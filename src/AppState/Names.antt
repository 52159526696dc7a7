-- ===== src/AppState/Names.antt =====
-- The texts of AppState::toString, for logs (governance_core/src/AppState.cpp).
use governance_iot_platform.Prelude.{String}
use governance_iot_platform.AppState.Codes.{
  DeviceState, ErrorCode, boot_audit, cert_missing, command_complete, command_response_invalid,
  critical_battery, csr_subject_name_fail, csr_to_pem_fail, device_id_missing, error,
  firmware_rollback, firmware_rollback_failed, firmware_version_missing, http_init, http_init_fail,
  http_request, http_request_fail, key_generation_fail, key_missing, memory_alocation_fail,
  mqtt_disconnected, mqtt_init, mqtt_init_fail, mqtt_waiting_connect, no_error, nvs_commit_fail,
  nvs_init, nvs_init_fail, nvs_load_fail, nvs_write_fail, operational, ota_downloading, ota_fail,
  ota_found, ota_successful, provisioning, provisioning_request_fail, provisioning_response_invalid,
  provisioning_success, rebooting, sensors_init, time_sync, time_sync_fail, topic_format_invalid,
  topic_subscribe_fail, unknown, waiting_response, watchdog_add_fail, watchdog_init_fail,
  watchdog_remove_fail, wifi_ap_mode, wifi_connecting, wifi_credentials_missing, wifi_timeout,
}

-- toString(DeviceState)
pub state_name : DeviceState → String
state_name nvs_init = "NVS_INIT"
state_name wifi_ap_mode = "WIFI_AP_MODE"
state_name wifi_connecting = "WIFI_CONNECTING"
state_name time_sync = "TIME_SYNC"
state_name provisioning = "PROVISIONING"
state_name provisioning_success = "PROVISIONING_SUCCESS"
state_name mqtt_waiting_connect = "MQTT_WAITING_CONNECT"
state_name mqtt_init = "MQTT_INIT"
state_name operational = "OPERATIONAL"
state_name ota_found = "OTA_FOUND"
state_name ota_downloading = "OTA_DOWNLOADING"
state_name ota_successful = "OTA_SUCCESSFUL"
state_name boot_audit = "BOOT_AUDIT"
state_name firmware_rollback = "FIRMWARE_ROLLBACK"
state_name rebooting = "REBOOTING"
state_name error = "ERROR"
state_name http_init = "HTTP_INIT"
state_name http_request = "HTTP_REQUEST"
state_name waiting_response = "WAITING_RESPONSE"
state_name command_complete = "COMMAND_COMPLETE"
state_name sensors_init = "SENSORS_INIT"
state_name critical_battery = "CRITICAL_BATTERY"

-- toString(ErrorCode); a code with no case of its own falls to the `default`
pub error_name : ErrorCode → String
error_name no_error = "NONE"
error_name nvs_init_fail = "NVS_INIT_FAIL"
error_name nvs_write_fail = "NVS_WRITE_FAIL"
error_name nvs_commit_fail = "NVS_COMMIT_FAIL"
error_name nvs_load_fail = "NVS_LOAD_FAIL"
error_name wifi_timeout = "WIFI_TIMEOUT"
error_name time_sync_fail = "TIME_SYNC_FAIL"
error_name provisioning_request_fail = "PROVISIONING_REQUEST_FAIL"
error_name provisioning_response_invalid = "PROVISIONING_RESPONSE_INVALID"
error_name mqtt_init_fail = "MQTT_INIT_FAIL"
error_name mqtt_disconnected = "MQTT_DISCONNECTED"
error_name ota_fail = "OTA_FAIL"
error_name http_init_fail = "HTTP_INIT_FAIL"
error_name http_request_fail = "HTTP_REQUEST_FAIL"
error_name memory_alocation_fail = "MEMORY_ALOCATION_FAIL"
error_name key_generation_fail = "KEY_GENERATION_FAIL"
error_name csr_subject_name_fail = "CSR_SUBJECT_NAME_FAIL"
error_name csr_to_pem_fail = "CSR_TO_PEM_FAIL"
error_name key_missing = "KEY_MISSING"
error_name cert_missing = "CERT_MISSING"
error_name topic_subscribe_fail = "TOPIC_SUBSCRIBE_FAIL"
error_name watchdog_init_fail = "WATCHDOG_INIT_FAIL"
error_name watchdog_add_fail = "WATCHDOG_ADD_FAIL"
error_name watchdog_remove_fail = "WATCHDOG_REMOVE_FAIL"
error_name topic_format_invalid = "TOPIC_FORMAT_INVALID"
error_name command_response_invalid = "COMMAND_RESPONSE_INVALID"
error_name device_id_missing = "DEVICE_ID_MISSING"
error_name wifi_credentials_missing = "WIFI_CREDENTIALS_MISSING"
error_name firmware_version_missing = "FIRMWARE_VERSION_MISSING"
error_name firmware_rollback_failed = "FIRMWARE_ROLLBACK_FAILED"
error_name unknown = "UNKNOWN"
error_name _ = "UNKNOWN"
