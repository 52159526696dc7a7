-- ===== src/AppState/Tracking.antt =====
-- What the mask says after calls of any kind
-- (perceptive-layer/mqtt_protobuff/governance_core/src/AppState.cpp).
use governance_iot_platform.Prelude.{
  ◌==◌, Bool, true, false, not, ◌&&◌, ◌||◌, if◌then◌else◌, List, [], ◌∷◌, ◌≡◌, refl, ap, ◌∙◌, arith,
}
use governance_iot_platform.AppState.Codes.{ErrorCode, error_index}
use governance_iot_platform.AppState.{AppState, is_error_active, pop_error, transition}
use governance_iot_platform.AppState.Activity.{
  is_error_active_lem, is_error_active-register, is_error_active-settle,
}
use governance_iot_platform.AppState.Backlog.{
  Call, registers, settles, pops, transitions, step, run,
}

abbrev is_code : ErrorCode → ErrorCode → Bool
is_code c d = not (error_index c == 0) && error_index d == error_index c

-- The word that a list of calls has on a code: that of the last report or resolution of this code,
-- and `before` when there is none.
pub last_word : ErrorCode → List Call → Bool → Bool
last_word c [] before = before
last_word c (registers e ∷ ks) before = last_word c ks (if is_code c e.code then true else before)
last_word c (settles r ∷ ks) before = last_word c ks (if is_code c r then false else before)
last_word c (pops ∷ ks) before = last_word c ks before
last_word c (transitions d ∷ ks) before = last_word c ks before

-- NONE is never active, so that a resolution of it changes nothing.
settled :
    (r : ErrorCode) (s : AppState) (c : ErrorCode)
    → (is_error_active c s && not (error_index r == error_index c))
      ≡ (if is_code c r then false else is_error_active c s)
settled r s c = ground (arith, is_error_active_lem c s)

one_call :
    (k : Call) (s : AppState) (c : ErrorCode)
    → is_error_active c (step k s) ≡ last_word c (k ∷ []) (is_error_active c s)
unfolding last_word step pop_error transition is_error_active
one_call (registers e) s c = is_error_active-register e s c ∙ reported
  where
    reported :
        (is_error_active c s || is_code c e.code)
        ≡ (if is_code c e.code then true else is_error_active c s)
    reported = ground arith
one_call (settles r) s c = is_error_active-settle r s c ∙ settled r s c
one_call pops s c = ground arith
one_call (transitions d) s c = ground arith

last_word_cons :
    (c : ErrorCode) (k : Call) (ks : List Call) (b : Bool)
    → last_word c ks (last_word c (k ∷ []) b) ≡ last_word c (k ∷ ks) b
unfolding last_word
last_word_cons c (registers e) ks b = refl
last_word_cons c (settles r) ks b = refl
last_word_cons c pops ks b = refl
last_word_cons c (transitions d) ks b = refl

-- After any reports, resolutions, pops and transitions, a code is active exactly if the last report or
-- resolution of it is a report, or if there is none and it was active before.
pub is_error_active-run :
    (ks : List Call) (s : AppState) (c : ErrorCode)
    → is_error_active c (run ks s) ≡ last_word c ks (is_error_active c s)
unfolding run last_word
is_error_active-run [] s c = refl
is_error_active-run (k ∷ ks) s c =
    is_error_active-run ks (step k s) c
    ∙ ap (last_word c ks) (one_call k s c)
    ∙ last_word_cons c k ks _
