-- ===== src/Lib.antt =====
-- Verification of libpulp, the user-space live patching library.
--
-- A live patch replaces functions of a running process. The tool of tools/ attaches to the process
-- with ptrace, writes metadata into it and calls an entry point of libpulp.so (lib/ulp.c). That
-- checks the patch, loads its shared object, and diverts each function by new bytes before its entry
-- (lib/arch/x86_64/patch.c). It does not write them itself: memwrite queues an instruction
-- (lib/insn_queue.c), and afterwards the tool reads the queue out of the process
-- (tools/insn_queue.c), interprets it (common/insn_queue.c) and writes the bytes through ptrace
-- (tools/ptrace.c).
--
-- The files and what they model:
--   Base        lists, Boolean tests, memory as a function from addresses to bytes, C integers
--   Bits        bit_and with a mask and bit_or as arithmetic
--   Errors      lib/error.c and include/error_common.h: codes, error state, messages
--   InsnQueue   Defs and Insert: lib/insn_queue.c (insnq_get_writable_area is get_writable_area,
--               insnq_insert_write is insert_write, and so on); Interpret: common/insn_queue.c;
--               Remote: tools/insn_queue.c. Commands is the abstract view, a list of prints and
--               writes. Bounds, Layout, Append, Extend, Execute, Fetch and Protocol hold the proofs.
--               Pages is insn_interpret_write of lib/insn_queue.c, Protect and Inside its proofs
--   Ptrace      tools/ptrace.c over the record Tracee, which states what the kernel's calls do
--   Arch        lib/arch/x86_64/patch.c; Jump is what the processor does at a function's entry, Redirect,
--               Patch and Queued hold the proofs
--   Strings     common/common.c: get_basename and isnumber
--   Metadata    common/common.c: parse_metadata_from_mem, in Read and Parse; Encode and Whole have
--               the format that it reads, and the proofs
--   Patch       lib/ulp.c: Defs has the data, Chain the applied patches, Detours the functions and
--               their detours, Apply and Load the operations and entry points (`__ulp_apply_patch`
--               is ulp_apply_patch). Grounded, Keep, Ready, Accept, Revert, Going, Written, Active, Undo,
--               Taken, References, Diverted and Entry hold the proofs
--   Pcqueue     tools/pcqueue.c: Defs has the queue and the accesses of its two threads, Run their
--               interleavings. Ring, Count, Moves, Fifo and Live hold the proofs
--   Md4         tools/md4.c; Rfc is the description of RFC 1320 on bytes. Buffer, Words, Rounds
--               and Digest hold the proofs
--   Trigger     tools/trigger.c: Defs is trigger_one_process, Many the directories and the
--               processes, Summary what is printed. Rounds, Release, Folders, Exit and Reported
--               hold the proofs
--   Threads     tools/introspection.c: Defs has hijack_threads and restore_threads. Release, Hijack,
--               Stopped and Settles hold the proofs
--   Call        tools/ptrace.c: Retry has ulp_ptrace, Defs has run_and_redirect; tools/introspection.c: Calls has apply_patch,
--               revert_patches_from_lib, patch_applied and read_global_universe. Frame, Run, Apply and
--               Success hold the proofs
--   MsgQueue    lib/msg_queue.c, and tools/messages.c in Remote. Laid is how the messages lie in
--               the buffer; Evict, Wrap, Commit, Push and Print hold the proofs
--   Elf         lib/minielf.c: Defs has Get_Elf_Section and what it calls, Names, Loops and Search
--               the proof against the file's own table; lib/gdb_interface.c: Inject has inject_lp_path,
--               Load the whole of gdb_ulp_apply up to __ulp_apply_patch
--   Post        tools/post.c and tools/arch/x86_64/post-arch.c: Defs merges the nops, Merge has the
--               proof
--   Tests       concrete instances of the theorems
--
-- Bounds and fuel: `int`, `size_t` and pointers wrap at 2 ^ 32 and 2 ^ 64, written out where the
-- source computes with them. The transfer loops of tools/ptrace.c and the loop of
-- revert_all_patches_from_lib run on fuel, since the source has inputs on which they do not end; a
-- transfer that the kernel serves whole needs one round.
--
-- trigger_many_ulps recurses to a bounded depth, since a directory tree of links need not end; the
-- buffer of its paths is taken to be large enough. hijack_threads takes the reads of the task
-- directory as a list: it returns once two in a row agree. A page is of 4096 bytes.
--
-- The loops of msgq_strpush run on fuel of the buffer's size; msgq_push returns for each text that
-- leaves two bytes of the buffer. The wait of run_and_redirect needs a round for each 100
-- microseconds of its timeout.
--
-- Not modelled: the powerpc64le port; warnings, which are printed only; the parts of tools/ that
-- read ELF files and /proc. An assertion of lib/minielf.c that fails is not followed, nor is
-- parse_metadata_from_mem behind a copy that goes past its buffer. What libc, libelf, the dynamic
-- loader and the kernel do is a parameter (World, Tracee, Target, Semaphores, Files, Tracer, Runner,
-- Pages, OpenFile, ElfFile). The Target of Trigger/Defs and the Tracer of Threads/Defs also stand for
-- functions of tools/introspection.c, tools/patches.c and tools/ptrace.c. The notes of a library are
-- lists of notes, already cut by their sizes. The prologue is written into a memory that a call does
-- not change before the tool has run the queue.
pub mod Base
pub mod Bits
pub mod Errors
pub mod InsnQueue
pub mod Ptrace
pub mod Patch
pub mod Strings
pub mod Metadata
pub mod Arch
pub mod Pcqueue
pub mod Md4
pub mod Trigger
pub mod Threads
pub mod Call
pub mod MsgQueue
pub mod Elf
pub mod Post
mod Tests
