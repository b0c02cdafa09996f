-- ===== src/Arch.antt =====
-- lib/arch/x86_64/patch.c: how the entry of a patched function is rewritten.
pub mod Defs
pub mod Jump
pub mod Redirect
pub mod Patch
pub mod Queued
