-- ===== src/Base/Memory.antt =====
-- Byte-addressed memory as a function, and little-endian integers as byte strings.
use mathlib.Core.Path.{ap₂}
use native.Mathlib.Decide.{ℕ_discrete}
use libpulp.Base.{
  fun_ext, take, drop, drop-append, take-append, ◌-◌, ℕ, zero, suc, ◌+◌, ◌*◌, ◌/◌, ◌%◌, ◌^◌, ◌≤◌,
  ◌<◌, ◌≡◌, refl, sym, ap, ◌∙◌, ◌++◌, List, [], ◌∷◌, arith, ◌==◌, if◌then◌else◌, length,
}
use native.Mathlib.Nat.{pow-suc}
use Prim.Native.Nat.add

abbrev pub Memory : Type 0
Memory = ℕ → ℕ

abbrev pub store_byte : Memory → ℕ → ℕ → Memory
store_byte m a v p = if p == a then v else m p

-- memcpy(a, bytes, length)
unfoldable pub store : Memory → ℕ → List ℕ → Memory
store m a [] = m
store m a (b ∷ bs) = store (store_byte m a b) (suc a) bs

-- The n bytes at a.
unfoldable pub load : Memory → ℕ → ℕ → List ℕ
load m a zero = []
load m a (suc n) = m a ∷ load m (suc a) n

pub store_below : (m : Memory) (a p : ℕ) (bs : List ℕ) → p < a → store m a bs p ≡ m p
unfolding store
store_below m a p [] h = refl
store_below m a p (b ∷ bs) h = ground (arith, store_below (store_byte m a b) (suc a) p bs)

pub store_above : (m : Memory) (a p : ℕ) (bs : List ℕ) → a + length bs ≤ p → store m a bs p ≡ m p
unfolding store
store_above m a p [] h = refl
store_above m a p (b ∷ bs) h = ground (arith, store_above (store_byte m a b) (suc a) p bs)

pub length-load : (m : Memory) (a n : ℕ) → length (load m a n) ≡ n
unfolding load
length-load m a zero = refl
length-load m a (suc n) = ap suc (length-load m (suc a) n)

pub load-store_self : (m : Memory) (a : ℕ) (bs : List ℕ) → load (store m a bs) a (length bs) ≡ bs
unfolding load store
load-store_self m a [] = refl
load-store_self m a (b ∷ bs) = ground (
  arith,
  store_below (store_byte m a b) (suc a) a bs,
  load-store_self (store_byte m a b) (suc a) bs,
)

-- Two memories that agree on a range load alike.
pub load_ext :
    (m k : Memory) (a n : ℕ) → ((p : ℕ) → a ≤ p → p < a + n → m p ≡ k p) → load m a n ≡ load k a n
unfolding load
load_ext m k a zero h = refl
load_ext m k a (suc n) h =
    ground (arith, h a, load_ext m k (suc a) n (λ p lo hi. h p (omega arith) (omega arith)))

pub load-store_before :
    (m : Memory) (a n b : ℕ) (bs : List ℕ) → a + n ≤ b → load (store m b bs) a n ≡ load m a n
load-store_before m a n b bs h =
    load_ext (store m b bs) m a n (λ p lo hi. store_below m b p bs (omega arith))

pub load-store_after :
    (m : Memory) (a n b : ℕ) (bs : List ℕ)
    → b + length bs ≤ a
    → load (store m b bs) a n ≡ load m a n
load-store_after m a n b bs h =
    load_ext (store m b bs) m a n (λ p lo hi. store_above m b p bs (omega arith))

pub store_append :
    (m : Memory) (a : ℕ) (xs ys : List ℕ)
    → store m a (xs ++ ys) ≡ store (store m a xs) (a + length xs) ys
unfolding store
store_append m a [] ys = ap (λ k. store m k ys) (omega arith)
store_append m a (x ∷ xs) ys =
    store_append (store_byte m a x) (suc a) xs ys
    ∙ ap (λ k. store (store (store_byte m a x) (suc a) xs) k ys) (omega arith)

pub load_split : (m : Memory) (a i j : ℕ) → load m a (i + j) ≡ load m a i ++ load m (a + i) j
unfolding load
load_split m a zero j = rw (add.zero j) (ap (λ k. load m k j) (omega arith))
load_split m a (suc i) j = rw (add.suc i j) (
    ap (λ l. m a ∷ l)
      (load_split m (suc a) i j ∙ ap (λ k. load m (suc a) i ++ load m k j) (omega arith)))

-- The `w` bytes of an integer, the low one first.
unfoldable pub bytes_le : ℕ → ℕ → List ℕ
bytes_le zero v = []
bytes_le (suc w) v = v % 256 ∷ bytes_le w (v / 256)

unfoldable pub value_le : List ℕ → ℕ
value_le [] = 0
value_le (b ∷ bs) = b + 256 * value_le bs

pub length-bytes_le : (w v : ℕ) → length (bytes_le w v) ≡ w
unfolding bytes_le
length-bytes_le zero v = refl
length-bytes_le (suc w) v = ap suc (length-bytes_le w (v / 256))

pub value_le-bytes_le : (w v : ℕ) → v < 256 ^ w → value_le (bytes_le w v) ≡ v
unfolding bytes_le value_le
value_le-bytes_le zero v h = omega arith
value_le-bytes_le (suc w) v h =
    let p : v / 256 < 256 ^ w = omega (arith, pow-suc 256 w) in
    omega (arith, value_le-bytes_le w (v / 256) p)

pub load-store_width : (m : Memory) (a w v : ℕ) → load (store m a (bytes_le w v)) a w ≡ bytes_le w v
load-store_width m a w v =
    ap (λ n. load (store m a (bytes_le w v)) a n) (sym (length-bytes_le w v))
    ∙ load-store_self m a (bytes_le w v)

-- Every element is a byte.
abbrev pub IsBytes : List ℕ → Type 0
IsBytes [] = Unit
IsBytes (b ∷ bs) = (b < 256) × IsBytes bs

pub bytes_le-value_le : (bs : List ℕ) → IsBytes bs → bytes_le (length bs) (value_le bs) ≡ bs
unfolding bytes_le value_le
bytes_le-value_le [] h = refl
bytes_le-value_le (b ∷ bs) h =
    ap₂ ◌∷◌ (omega arith)
      (ap (λ v. bytes_le (length bs) v) (omega arith) ∙ bytes_le-value_le bs h.1)

-- Writing back what was read changes nothing.
pub store-load : (m : Memory) (a n : ℕ) → store m a (load m a n) ≡ m
unfolding store load
store-load m a zero = refl
store-load m a (suc n) =
    let same : store_byte m a (m a) ≡ m = fun_ext λ p. ground arith in
    ap (λ k. store k (suc a) (load m (suc a) n)) same ∙ store-load m (suc a) n

pub load-IsBytes : (m : Memory) (a n : ℕ) → ((p : ℕ) → m p < 256) → IsBytes (load m a n)
unfolding load
load-IsBytes m a zero h = tt
load-IsBytes m a (suc n) h = (h a, load-IsBytes m (suc a) n h)

pub append-IsBytes : (xs ys : List ℕ) → IsBytes xs → IsBytes ys → IsBytes (xs ++ ys)
append-IsBytes [] ys h k = k
append-IsBytes (x ∷ xs) ys h k = (h.0, append-IsBytes xs ys h.1 k)

pub take-IsBytes : (n : ℕ) (xs : List ℕ) → IsBytes xs → IsBytes (take n xs)
take-IsBytes zero xs h = tt
take-IsBytes (suc n) [] h = tt
take-IsBytes (suc n) (x ∷ xs) h = (h.0, take-IsBytes n xs h.1)

pub drop-IsBytes : (n : ℕ) (xs : List ℕ) → IsBytes xs → IsBytes (drop n xs)
drop-IsBytes zero xs h = h
drop-IsBytes (suc n) [] h = tt
drop-IsBytes (suc n) (x ∷ xs) h = drop-IsBytes n xs h.1

pub drop-load : (m : Memory) (a i n : ℕ) → i ≤ n → drop i (load m a n) ≡ load m (a + i) (n - i)
drop-load m a i n h =
    ap (λ k. drop i (load m a k)) (omega arith)
    ∙ ap (drop i) (load_split m a i (n - i))
    ∙ ap (λ k. drop k (load m a i ++ load m (a + i) (n - i))) (sym (length-load m a i))
    ∙ drop-append (load m a i) (load m (a + i) (n - i))

-- A copy of a range of another memory.
pub store-load_copy :
    (m k : Memory) (a n p : ℕ) → a ≤ p → p < a + n → store m a (load k a n) p ≡ k p
unfolding store load
store-load_copy m k a zero p lo hi = absurd (omega arith)
store-load_copy m k a (suc n) p lo hi = elim (ℕ_discrete a p) [
  | yes e ↦
      store_below (store_byte m a (k a)) (suc a) p (load k (suc a) n) (omega arith) ∙ ground arith
  | no ne ↦ store-load_copy (store_byte m a (k a)) k (suc a) n p (omega arith) (omega arith)
]

pub take-load : (m : Memory) (a i j : ℕ) → take i (load m a (i + j)) ≡ load m a i
take-load m a i j =
    ap (take i) (load_split m a i j)
    ∙ ap (λ n. take n (load m a i ++ load m (a + i) j)) (sym (length-load m a i))
    ∙ take-append (load m a i) (load m (a + i) j)

-- The middle part of what was stored.
pub load_part :
    (m : Memory) (a : ℕ) (xs ys zs : List ℕ)
    → load (store m a (xs ++ (ys ++ zs))) (a + length xs) (length ys) ≡ ys
load_part m a xs ys zs =
    let m1 = store m a xs in
    let b = a + length xs in
    ap (λ k. load k b (length ys)) (store_append m a xs (ys ++ zs) ∙ store_append m1 b ys zs)
    ∙ load-store_before (store m1 b ys) b (length ys) (b + length ys) zs (omega arith)
    ∙ load-store_self m1 b ys

pub load_front :
    (m : Memory) (a : ℕ) (xs ys : List ℕ) → load (store m a (xs ++ ys)) a (length xs) ≡ xs
load_front m a xs ys =
    ap (λ k. load k a (length xs)) (store_append m a xs ys)
    ∙ load-store_before (store m a xs) a (length xs) (a + length xs) ys (omega arith)
    ∙ load-store_self m a xs

pub load_back :
    (m : Memory) (a : ℕ) (xs ys : List ℕ)
    → load (store m a (xs ++ ys)) (a + length xs) (length ys) ≡ ys
load_back m a xs ys =
    ap (λ k. load k (a + length xs) (length ys)) (store_append m a xs ys)
    ∙ load-store_self (store m a xs) (a + length xs) ys

pub bytes_le-IsBytes : (w v : ℕ) → IsBytes (bytes_le w v)
unfolding bytes_le
bytes_le-IsBytes zero v = tt
bytes_le-IsBytes (suc w) v = (omega arith, bytes_le-IsBytes w (v / 256))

YOUR GOAL
The required output is every line from the one that holds "load_back m a" through the last line of the listing above, retyped exactly and with nothing else.

EXERCISE RESULT
load_back m a xs ys =
    ap (λ k. load k (a + length xs) (length ys)) (store_append m a xs ys)
    ∙ load-store_self (store m a xs) (a + length xs) ys

pub bytes_le-IsBytes : (w v : ℕ) → IsBytes (bytes_le w v)
unfolding bytes_le
bytes_le-IsBytes zero v = tt
bytes_le-IsBytes (suc w) v = (omega arith, bytes_le-IsBytes w (v / 256))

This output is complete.